How to Be an Ally to an LGBTQIA Teen
The truest sense of the word ally means that you’re willing to fight against the oppression and harm that LGBTQIA individuals experience. However, ally can simply mean providing your support, and you can do that in the following ways:
- Be accepting. One of the most powerful ways you can help an LGBTQIA teen is to accept them for who they are. Others might be quick to judge them because they don’t fit into society’s neat categories of gender and sexual orientation. If you’re willing to be a friend and refrain from being judgmental, then you’re already supporting your teen in huge ways. This can be hard for parents, especially with strong religious backgrounds. Yet, accepting LGBTQIA teens can not only help them feel better but it can also support their emotional and mental health.
- Develop a relationship. If you are a parent or an adult in an LGBTQIA teen’s life, another incredibly powerful way to be supportive is to be in your teen’s corner. Many LGBTQIA teens don’t have too many people on their side because of the ways they may challenge conventional living. Letting a teen know you’re there for them and that you’re looking out for them can help them feel safe, loved, and accepted.
- Educate yourself. The information provided above is only a fraction of what there is to learn about LGBTQIA life. There’s also cross dressing, drag queen, gender queer, androgynous, multi-gendered, and more. The point is that even if a teen may be displaying behavior you haven’t yet come across doesn’t make them odd. Educate yourself first before making judgments.
- Get involved. To further support an LGBTQIA teen, there may be a club, committee, meeting, or event that you can attend with them. Some school have a Gay/Straight Alliance (GSA) and communities have PFLAG events. PFLAG stands for Parents, Families & Friends of Lesbians and Gays and is one of the largest communities of support for the LGBTQIA
- Confront your own biases and judgments. Anyone raised in Western society is going to have conditioned ideas, beliefs, and judgments toward those who do not fit into sanctioned sexual orientations or gender identities. Often, individuals possess biases without even knowing about them. If you have an LGBTQIA in your life, be honest with yourself about your judgments and assumptions. Remember that there is no one way to be gay or lesbian or bisexual. Teens may express their gender, sexuality, and LGBTQIA lifestyle in a wide range of ways.

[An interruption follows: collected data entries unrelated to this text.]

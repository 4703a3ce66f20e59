-- ===== src/Runlog/Traces.antt =====
-- src/runlog.rs: the appends of a run, one after another.
use trunnion.Prelude.{ℕ, Text, List, [], ◌∷◌, ◌≡◌}
use trunnion.Fault.{ok}
use trunnion.Json.{Json, Digest}
use trunnion.Keys.{Keys}
use trunnion.Runlog.{Book, Core, append}

module _ (j : Json) (d : Digest) (keys : Keys) (book : Book j) (clock : ℕ → Text) where
  -- The kind and the payload of each append.
  abbrev pub Items : Type 0
  Items = List (Text × j.Value)

  -- The appends of these items, in their order and no others, each of which ends well.
  abbrev pub Trace : Core j d keys book clock → Items → Core j d keys book clock → Type 0
  Trace core [] after = core ≡ after
  Trace core ((kind, subject) ∷ items) after =
      (mid : Core j d keys book clock) × (id : Text) × (append j d keys book clock kind subject core
        ≡ (mid, ok id))
      × Trace mid items after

Lastly, watch out for your LGBTQIA teen’s mental health. At the start of this article was mention of the challenges that LGBTQIA teens face. If you notice that the teen in your life is becoming emotionally distressed, it’s important to get professional support. Suicide, homelessness, and substance use are commonly associated with LGBTQIA individuals, due to the hardships they have to bear. You can further support them by linking them up with a mental health professional.